When you gut a deer, however, everything gets mixed together. “Under the stomach” is no longer a useful detail.
The cat’s tongue description might have been helpful if I’d known it was meant to suggest shape, not size. I ended up googling a DNR instructional video on my smartphone — not something I’ve done before while wearing bloody elbow-length surgical gloves.
It turns out the spleen is about the size of a man’s hand. It looks very much like the liver, but smaller. I identified what I thought was the right organ, and was fairly confident until later that morning, when an eight-point buck wandered into the field below my stand and gave me a clean shot.
The guts of this new deer looked different than the first.
The spleen and liver were so similar, I thought at first the buck had two livers. That’s why I had to line up everything on my tailgate and ask Farder. We puzzled over the cooling organs for a few minutes.
“The DNR is going to get a lot of livers in the mail,” Farder said.
“How many do you think?” I asked.
“Fifty percent livers,” he replied.
Farder and I are not new to hunting. We’ve each shot and field-dressed dozens of deer.
Like most hunters, though, we are not deer anatomy experts. Most of us fish out the heart, and maybe a bit of liver for the frying pan.
Beyond that, it’s all just guts.
Farder and I, though, realized it’s important to learn. Sending in spleens will give researchers an important look at how deer might be affected by pesticides.

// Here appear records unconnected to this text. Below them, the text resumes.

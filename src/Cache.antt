-- ===== src/Cache.antt =====
-- repository/models/cache.py: the chunked package lists of the communities, and utils/batch.py. The
-- JSON of each listing and the gzip compression are parameters, and times are in seconds.
pub mod Chunks
pub mod Batches
pub mod Stale
pub mod Files
use thunderstore.Prelude.{
  ℕ, ◌+◌, ◌*◌, Bool, true, false, not, ◌&&◌, ◌||◌, Option, none, some, List, [], ◌∷◌, ◌++◌, ltb,
  leb, ◌==ℕ◌, if◌then◌else◌, length, select, update_where, Result, ◌>>=◌, ◌>>◌, Failure, ok, err,
  Text, codes,
}
use thunderstore.Names.{is_nil}
use thunderstore.Community.{Community}
use thunderstore.Storage.{
  DataBlob, DataBlobReference, DataBlobGroup, Storage, get_or_create_blob, add_entry, set_complete,
  group_entries,
}

-- `batch(batch_size, iterable)`, with what is collected
unfoldable pub batch_from {ℓ} : {A : Type ℓ} → ℕ → List A → List A → List (List A)
batch_from batch_size collected [] = if ltb 0 (length collected) then collected ∷ [] else []
batch_from batch_size collected (x ∷ xs) =
    let extended = collected ++ x ∷ [] in
    let full = extended ∷ batch_from batch_size [] xs in
    let open_batch = batch_from batch_size extended xs in
    if leb batch_size (length extended) then full else open_batch

unfoldable pub batch {ℓ} : {A : Type ℓ} → ℕ → List A → List (List A)
unfolding batch_from
batch batch_size xs = batch_from batch_size [] xs

-- What `finalize_blob` compresses
unfoldable pub in_brackets : Text → Text
in_brackets content = b'[' ∷ content ++ b']' ∷ []

-- The loop of `update_for_community` over the bytes of the listings, with `chunk_content`: what
-- `finalize_blob` is called on. `has_entries` tells whether the group has an entry by then.
unfoldable pub chunks_from : ℕ → Bool → Text → List Text → List Text
unfolding in_brackets
chunks_from limit has_entries content [] =
    if not (is_nil content) || not has_entries then in_brackets content ∷ [] else []
chunks_from limit has_entries content (l ∷ ls) =
    let started = chunks_from limit has_entries l ls in
    let closed = in_brackets content ∷ chunks_from limit true l ls in
    let extended = chunks_from limit has_entries (content ++ b',' ∷ l) ls in
    if is_nil content
    then started
    else if ltb limit (length content + length l + 2)
    then closed
    else extended

unfoldable pub package_list_chunks : ℕ → List Text → List Text
unfolding chunks_from
package_list_chunks limit listings = chunks_from limit false [] listings

-- `chunk_size_limit or cls.UNCOMPRESSED_CHUNK_LIMIT`
unfoldable pub chunk_limit : Option ℕ → ℕ
chunk_limit none = 14000000
chunk_limit (some limit) = if limit ==ℕ 0 then 14000000 else limit

-- `group.add_entry` of each chunk
unfoldable pub add_chunks :
    (Text → Text)
    → (Text → Text)
    → DataBlobGroup
    → Text
    → List Text
    → Storage
    → Result Failure Storage
add_chunks sha256 compress group name [] db = ok db
add_chunks sha256 compress group name (c ∷ cs) db =
    let (stored, added) =
      add_entry sha256 group (compress c) name (some (codes "application/json"))
        (some (codes "gzip")) db in
    let continued = add_chunks sha256 compress group name cs stored in
    elim added [ ok r ↦ continued | err e ↦ err e ]

-- APIV1ChunkedPackageCache, with the keys of its community and of its group
pub record ChunkedPackageCache : Type 0 where
  pub community : ℕ
  pub index : DataBlob
  pub chunks : ℕ
  pub created_at : ℕ
  pub is_deleted : Bool

-- `update_for_community` at a time, with the key of the new group; `index_of` is the JSON of the
-- addresses of the entries.
unfoldable pub update_for_community :
    (Text → Text)
    → (Text → Text)
    → (List DataBlobReference → Text)
    → ℕ
    → Community
    → ℕ
    → Option ℕ
    → List Text
    → List ChunkedPackageCache
    → Storage
    → Result Failure (List ChunkedPackageCache × Storage)
unfolding package_list_chunks add_chunks
update_for_community sha256 compress index_of now community pk limit listings caches db = do
  let group : DataBlobGroup = record {
    pk = pk;
    name = codes "Chunked package list: " ++ community.identifier;
    is_complete = false;
  }
  stored ←
      add_chunks sha256 compress group (codes "Package list chunk for " ++ community.identifier)
        (package_list_chunks (chunk_limit limit) listings) db
  let (indexed, index) =
      get_or_create_blob sha256 (compress (index_of (group_entries (set_complete group) stored)))
        stored
  ok (
    caches
        ++ record {
          community = community.pk;
          index = index;
          chunks = pk;
          created_at = now;
          is_deleted = false;
        }
          ∷ [],
    indexed,
  )

-- `latest()` by `created_at`, among the caches of a community
unfoldable pub latest_of :
    Option ChunkedPackageCache → List ChunkedPackageCache → Option ChunkedPackageCache
latest_of best [] = best
latest_of none (c ∷ cs) = latest_of (some c) cs
latest_of (some b) (c ∷ cs) =
    if ltb b.created_at c.created_at then latest_of (some c) cs else latest_of (some b) cs

unfoldable pub get_latest_for_community : ℕ → List ChunkedPackageCache → Option ChunkedPackageCache
unfolding latest_of
get_latest_for_community community caches =
    latest_of none (select (λ (c : ChunkedPackageCache). c.community ==ℕ community) caches)

-- `CACHE_CUTOFF_HOURS`
abbrev pub cache_cutoff : ℕ
cache_cutoff = 3 * 60 * 60

-- `created_at__lte=cutoff`, `community=community`
abbrev pub is_stale : ℕ → ℕ → ChunkedPackageCache → Bool
is_stale community latest c = leb (c.created_at + cache_cutoff) latest && c.community ==ℕ community

unfoldable pub drop_stale_of : ℕ → List ChunkedPackageCache → List ChunkedPackageCache
unfolding get_latest_for_community
drop_stale_of community caches = elim (get_latest_for_community community caches) [
  | none ↦ caches
  | some latest ↦
      update_where (is_stale community latest.created_at)
        (λ (c : ChunkedPackageCache). record c { is_deleted = true }) caches
]

-- `drop_stale_cache`, over the keys of the communities
unfoldable pub drop_stale_cache : List ℕ → List ChunkedPackageCache → List ChunkedPackageCache
unfolding drop_stale_of
drop_stale_cache [] caches = caches
drop_stale_cache (community ∷ rest) caches = drop_stale_cache rest (drop_stale_of community caches)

Before signing on with the DNR, Michel worked at South Dakota State University researching pesticide levels in a group of captive deer. It was that study that first suggested neonicotinoids might harm deer.
“It was a correlational study,” he said. “But there was a relationship between the level of neonics and survival probability for fawns.”
The early science suggests the chemical makes adult deer sluggish and young deer more likely to die.
This new statewide study is a lot bigger than the first. Instead of a few dozen captive deer, the DNR will be testing roughly 1,000 wild animals. With all the new data, Michel hopes to map hot spots of pesticide exposure.
Farder told me he’s interested to see the results, but he’s also conflicted. He lives in farm country, not far from where we hunt. He’s an animal lover, but he also sees the value in pesticides.
“Farmers absolutely need to use chemicals to feed the world,” he said. “The yields just aren’t good enough without them. But if they affect wildlife, that’s concerning. I’m hoping they can find some alternative.”
Michel warned me that my deer might test pretty high for pesticides. Marshall County is heavily agricultural. He thinks he'll find more neonicotinoids in the spleens of deer that live around farms.
It's a working hypothesis, but he won't be sure until the spleen tests come back.